(Saved data entries)
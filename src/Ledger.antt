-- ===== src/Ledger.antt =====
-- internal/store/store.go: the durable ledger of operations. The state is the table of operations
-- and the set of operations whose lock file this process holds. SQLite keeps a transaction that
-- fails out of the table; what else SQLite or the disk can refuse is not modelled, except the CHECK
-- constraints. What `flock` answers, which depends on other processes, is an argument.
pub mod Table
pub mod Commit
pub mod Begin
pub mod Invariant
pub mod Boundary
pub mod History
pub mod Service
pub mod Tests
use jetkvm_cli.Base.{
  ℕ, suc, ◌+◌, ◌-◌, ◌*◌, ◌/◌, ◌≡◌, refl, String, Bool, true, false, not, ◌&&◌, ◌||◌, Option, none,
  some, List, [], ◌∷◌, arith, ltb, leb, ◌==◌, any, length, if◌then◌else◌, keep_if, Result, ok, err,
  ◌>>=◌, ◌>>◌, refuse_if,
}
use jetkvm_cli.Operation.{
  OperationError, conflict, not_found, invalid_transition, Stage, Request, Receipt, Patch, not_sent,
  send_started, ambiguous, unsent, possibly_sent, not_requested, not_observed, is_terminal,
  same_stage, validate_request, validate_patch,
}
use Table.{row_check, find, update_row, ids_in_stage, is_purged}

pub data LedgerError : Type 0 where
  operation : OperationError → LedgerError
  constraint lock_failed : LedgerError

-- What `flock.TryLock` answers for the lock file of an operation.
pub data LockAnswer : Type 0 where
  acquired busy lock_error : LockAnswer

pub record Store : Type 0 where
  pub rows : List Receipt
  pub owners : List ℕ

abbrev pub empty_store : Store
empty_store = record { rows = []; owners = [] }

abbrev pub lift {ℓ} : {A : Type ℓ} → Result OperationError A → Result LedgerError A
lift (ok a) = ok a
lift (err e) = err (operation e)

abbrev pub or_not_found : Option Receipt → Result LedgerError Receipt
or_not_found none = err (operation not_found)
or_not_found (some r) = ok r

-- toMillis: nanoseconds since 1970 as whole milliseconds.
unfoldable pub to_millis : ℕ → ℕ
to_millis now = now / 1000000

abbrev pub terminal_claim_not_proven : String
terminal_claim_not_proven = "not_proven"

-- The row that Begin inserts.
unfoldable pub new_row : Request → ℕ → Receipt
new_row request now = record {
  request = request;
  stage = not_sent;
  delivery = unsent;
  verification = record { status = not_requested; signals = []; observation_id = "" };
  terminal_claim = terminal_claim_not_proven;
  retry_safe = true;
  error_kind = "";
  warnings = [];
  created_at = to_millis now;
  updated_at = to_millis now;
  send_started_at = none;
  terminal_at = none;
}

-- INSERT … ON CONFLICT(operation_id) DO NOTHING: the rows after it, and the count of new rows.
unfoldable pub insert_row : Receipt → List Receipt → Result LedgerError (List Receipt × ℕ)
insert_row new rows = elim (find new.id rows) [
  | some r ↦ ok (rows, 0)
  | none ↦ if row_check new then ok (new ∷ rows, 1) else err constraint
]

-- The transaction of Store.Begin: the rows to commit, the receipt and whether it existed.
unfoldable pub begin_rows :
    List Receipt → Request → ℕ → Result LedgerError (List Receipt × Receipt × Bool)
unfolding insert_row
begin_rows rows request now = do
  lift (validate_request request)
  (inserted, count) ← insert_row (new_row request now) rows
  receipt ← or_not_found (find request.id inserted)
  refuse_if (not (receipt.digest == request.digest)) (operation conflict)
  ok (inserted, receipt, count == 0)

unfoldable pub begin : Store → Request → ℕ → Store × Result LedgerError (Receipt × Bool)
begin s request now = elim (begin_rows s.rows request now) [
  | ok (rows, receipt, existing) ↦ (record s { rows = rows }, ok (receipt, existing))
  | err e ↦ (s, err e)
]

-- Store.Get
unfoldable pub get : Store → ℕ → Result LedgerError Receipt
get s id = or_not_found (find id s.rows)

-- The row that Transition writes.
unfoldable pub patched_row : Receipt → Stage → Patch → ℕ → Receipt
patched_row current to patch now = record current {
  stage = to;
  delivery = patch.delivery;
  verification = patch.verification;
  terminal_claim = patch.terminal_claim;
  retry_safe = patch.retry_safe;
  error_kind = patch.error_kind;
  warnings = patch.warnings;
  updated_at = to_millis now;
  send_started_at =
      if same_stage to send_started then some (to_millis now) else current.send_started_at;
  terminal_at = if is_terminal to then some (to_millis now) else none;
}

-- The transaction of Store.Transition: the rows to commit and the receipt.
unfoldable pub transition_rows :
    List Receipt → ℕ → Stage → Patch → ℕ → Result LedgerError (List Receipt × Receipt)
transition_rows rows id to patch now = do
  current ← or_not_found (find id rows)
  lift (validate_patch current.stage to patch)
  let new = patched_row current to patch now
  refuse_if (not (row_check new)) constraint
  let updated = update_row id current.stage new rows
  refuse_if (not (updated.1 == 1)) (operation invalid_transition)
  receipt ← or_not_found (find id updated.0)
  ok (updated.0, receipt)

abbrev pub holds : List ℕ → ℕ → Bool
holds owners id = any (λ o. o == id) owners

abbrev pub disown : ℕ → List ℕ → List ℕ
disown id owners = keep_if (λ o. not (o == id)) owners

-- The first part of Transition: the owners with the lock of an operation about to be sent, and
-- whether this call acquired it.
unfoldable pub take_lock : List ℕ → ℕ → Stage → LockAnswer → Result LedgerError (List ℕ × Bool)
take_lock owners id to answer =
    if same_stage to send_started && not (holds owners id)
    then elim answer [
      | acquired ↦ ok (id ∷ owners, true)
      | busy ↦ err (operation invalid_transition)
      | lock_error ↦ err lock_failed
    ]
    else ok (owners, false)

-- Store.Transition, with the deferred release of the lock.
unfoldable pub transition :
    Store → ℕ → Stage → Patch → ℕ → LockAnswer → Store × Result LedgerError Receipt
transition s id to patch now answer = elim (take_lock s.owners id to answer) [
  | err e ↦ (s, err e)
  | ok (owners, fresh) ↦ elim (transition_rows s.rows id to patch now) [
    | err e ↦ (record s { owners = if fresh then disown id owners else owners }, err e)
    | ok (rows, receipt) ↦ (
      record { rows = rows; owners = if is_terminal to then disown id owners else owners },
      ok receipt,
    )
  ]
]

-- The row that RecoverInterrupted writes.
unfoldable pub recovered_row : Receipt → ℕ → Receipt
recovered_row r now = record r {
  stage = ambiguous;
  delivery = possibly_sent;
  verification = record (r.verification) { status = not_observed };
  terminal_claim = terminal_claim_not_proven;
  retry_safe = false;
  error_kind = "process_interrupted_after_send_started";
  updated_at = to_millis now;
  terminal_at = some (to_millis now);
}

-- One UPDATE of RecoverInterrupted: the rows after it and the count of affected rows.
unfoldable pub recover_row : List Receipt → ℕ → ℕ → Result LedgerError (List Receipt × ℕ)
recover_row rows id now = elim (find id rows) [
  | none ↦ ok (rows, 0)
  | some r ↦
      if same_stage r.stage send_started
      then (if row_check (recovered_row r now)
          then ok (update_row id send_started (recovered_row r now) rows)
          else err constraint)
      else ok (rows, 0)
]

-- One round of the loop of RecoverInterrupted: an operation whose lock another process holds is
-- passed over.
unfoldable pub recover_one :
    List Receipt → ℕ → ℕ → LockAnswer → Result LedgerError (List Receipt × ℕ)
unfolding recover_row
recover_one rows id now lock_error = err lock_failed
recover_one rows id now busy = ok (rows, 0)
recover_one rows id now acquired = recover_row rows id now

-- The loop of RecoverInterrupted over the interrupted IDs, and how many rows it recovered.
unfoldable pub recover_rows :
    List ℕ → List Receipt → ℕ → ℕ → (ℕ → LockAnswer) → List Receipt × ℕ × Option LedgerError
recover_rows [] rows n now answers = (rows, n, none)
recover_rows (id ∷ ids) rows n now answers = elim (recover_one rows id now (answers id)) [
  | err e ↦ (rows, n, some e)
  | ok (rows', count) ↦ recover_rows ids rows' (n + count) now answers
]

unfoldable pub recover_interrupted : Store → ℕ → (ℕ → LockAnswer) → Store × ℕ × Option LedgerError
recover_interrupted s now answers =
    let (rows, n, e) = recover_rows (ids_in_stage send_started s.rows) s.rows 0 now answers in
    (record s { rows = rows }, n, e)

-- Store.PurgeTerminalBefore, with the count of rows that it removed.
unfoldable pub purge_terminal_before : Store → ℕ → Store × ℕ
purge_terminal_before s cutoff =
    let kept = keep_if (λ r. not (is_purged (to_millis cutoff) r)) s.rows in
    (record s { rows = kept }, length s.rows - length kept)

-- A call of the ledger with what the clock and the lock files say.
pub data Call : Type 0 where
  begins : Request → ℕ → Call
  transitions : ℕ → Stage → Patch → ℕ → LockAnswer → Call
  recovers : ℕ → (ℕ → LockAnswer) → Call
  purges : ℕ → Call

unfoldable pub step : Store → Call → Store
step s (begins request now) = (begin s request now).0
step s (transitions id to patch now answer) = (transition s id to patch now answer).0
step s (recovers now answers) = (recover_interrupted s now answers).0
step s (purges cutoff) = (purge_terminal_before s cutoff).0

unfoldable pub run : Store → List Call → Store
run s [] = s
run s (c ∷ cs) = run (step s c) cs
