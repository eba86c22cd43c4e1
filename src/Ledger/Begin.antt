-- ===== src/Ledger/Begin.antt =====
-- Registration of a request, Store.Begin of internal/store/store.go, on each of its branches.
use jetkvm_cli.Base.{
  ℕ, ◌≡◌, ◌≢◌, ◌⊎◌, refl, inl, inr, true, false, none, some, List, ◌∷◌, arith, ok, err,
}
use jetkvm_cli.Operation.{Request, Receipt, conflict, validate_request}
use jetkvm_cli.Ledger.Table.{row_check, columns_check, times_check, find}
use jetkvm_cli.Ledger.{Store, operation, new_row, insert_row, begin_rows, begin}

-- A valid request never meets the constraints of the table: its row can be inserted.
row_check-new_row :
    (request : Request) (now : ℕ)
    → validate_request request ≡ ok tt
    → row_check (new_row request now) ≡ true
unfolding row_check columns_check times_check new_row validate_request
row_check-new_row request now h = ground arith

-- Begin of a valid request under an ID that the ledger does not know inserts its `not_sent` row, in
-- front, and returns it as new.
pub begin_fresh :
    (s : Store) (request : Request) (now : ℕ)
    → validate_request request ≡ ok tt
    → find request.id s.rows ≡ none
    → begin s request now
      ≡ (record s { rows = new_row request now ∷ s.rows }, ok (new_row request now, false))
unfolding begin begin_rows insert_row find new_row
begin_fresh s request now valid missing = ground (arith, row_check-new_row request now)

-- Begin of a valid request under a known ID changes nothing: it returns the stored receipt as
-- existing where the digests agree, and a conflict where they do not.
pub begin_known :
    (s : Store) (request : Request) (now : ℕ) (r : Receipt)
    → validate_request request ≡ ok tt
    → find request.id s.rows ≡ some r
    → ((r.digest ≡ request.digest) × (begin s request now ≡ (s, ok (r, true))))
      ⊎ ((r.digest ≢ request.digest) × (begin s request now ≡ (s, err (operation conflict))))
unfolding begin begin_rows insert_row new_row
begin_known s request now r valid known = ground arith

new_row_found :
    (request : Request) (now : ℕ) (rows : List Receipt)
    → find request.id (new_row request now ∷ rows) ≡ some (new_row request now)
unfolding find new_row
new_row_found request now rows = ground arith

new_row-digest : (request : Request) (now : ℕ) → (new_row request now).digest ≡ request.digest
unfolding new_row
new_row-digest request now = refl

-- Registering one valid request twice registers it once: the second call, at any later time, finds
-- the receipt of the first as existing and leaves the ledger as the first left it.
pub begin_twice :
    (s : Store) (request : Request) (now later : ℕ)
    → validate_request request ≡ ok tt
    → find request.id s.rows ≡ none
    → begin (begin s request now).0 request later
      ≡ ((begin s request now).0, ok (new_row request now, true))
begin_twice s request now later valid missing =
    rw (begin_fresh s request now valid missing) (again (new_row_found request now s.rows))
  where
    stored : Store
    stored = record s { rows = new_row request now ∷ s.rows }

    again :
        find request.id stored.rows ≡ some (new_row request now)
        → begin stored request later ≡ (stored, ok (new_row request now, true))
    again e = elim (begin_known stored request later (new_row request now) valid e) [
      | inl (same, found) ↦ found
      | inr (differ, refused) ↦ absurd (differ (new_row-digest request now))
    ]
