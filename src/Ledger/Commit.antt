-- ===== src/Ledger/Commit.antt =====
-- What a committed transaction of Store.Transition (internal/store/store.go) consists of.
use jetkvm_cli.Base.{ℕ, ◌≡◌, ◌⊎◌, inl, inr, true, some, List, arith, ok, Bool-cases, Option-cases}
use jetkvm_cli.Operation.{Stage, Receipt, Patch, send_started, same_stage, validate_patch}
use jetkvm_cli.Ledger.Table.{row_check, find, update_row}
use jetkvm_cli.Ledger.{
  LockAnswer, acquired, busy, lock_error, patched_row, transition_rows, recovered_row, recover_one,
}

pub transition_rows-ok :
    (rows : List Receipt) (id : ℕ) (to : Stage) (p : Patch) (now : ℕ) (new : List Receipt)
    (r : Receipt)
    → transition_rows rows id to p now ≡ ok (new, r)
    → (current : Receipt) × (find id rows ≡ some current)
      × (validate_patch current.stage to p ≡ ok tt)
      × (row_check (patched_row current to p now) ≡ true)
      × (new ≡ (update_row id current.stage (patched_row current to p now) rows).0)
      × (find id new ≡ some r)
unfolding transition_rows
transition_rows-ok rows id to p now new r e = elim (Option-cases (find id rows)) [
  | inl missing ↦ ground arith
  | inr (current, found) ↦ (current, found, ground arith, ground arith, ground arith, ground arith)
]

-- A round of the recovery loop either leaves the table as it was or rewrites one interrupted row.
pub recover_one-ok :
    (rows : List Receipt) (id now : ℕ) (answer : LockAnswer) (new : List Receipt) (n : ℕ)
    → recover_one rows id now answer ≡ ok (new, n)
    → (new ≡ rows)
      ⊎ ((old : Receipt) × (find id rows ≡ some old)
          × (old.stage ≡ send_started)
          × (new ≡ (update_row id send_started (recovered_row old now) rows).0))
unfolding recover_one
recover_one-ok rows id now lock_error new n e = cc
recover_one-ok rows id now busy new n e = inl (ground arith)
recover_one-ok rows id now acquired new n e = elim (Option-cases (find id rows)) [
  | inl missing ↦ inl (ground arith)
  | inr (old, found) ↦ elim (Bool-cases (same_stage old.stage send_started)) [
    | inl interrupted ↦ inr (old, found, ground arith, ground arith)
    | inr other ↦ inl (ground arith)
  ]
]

Work to complete: What is needed is each line from the records with the word "where" in it.

Solved exercise:
pub data LedgerError : Type 0 where
pub data LockAnswer : Type 0 where
pub record Store : Type 0 where
pub data Call : Type 0 where
-- existing where the digests agree, and a conflict where they do not.
  where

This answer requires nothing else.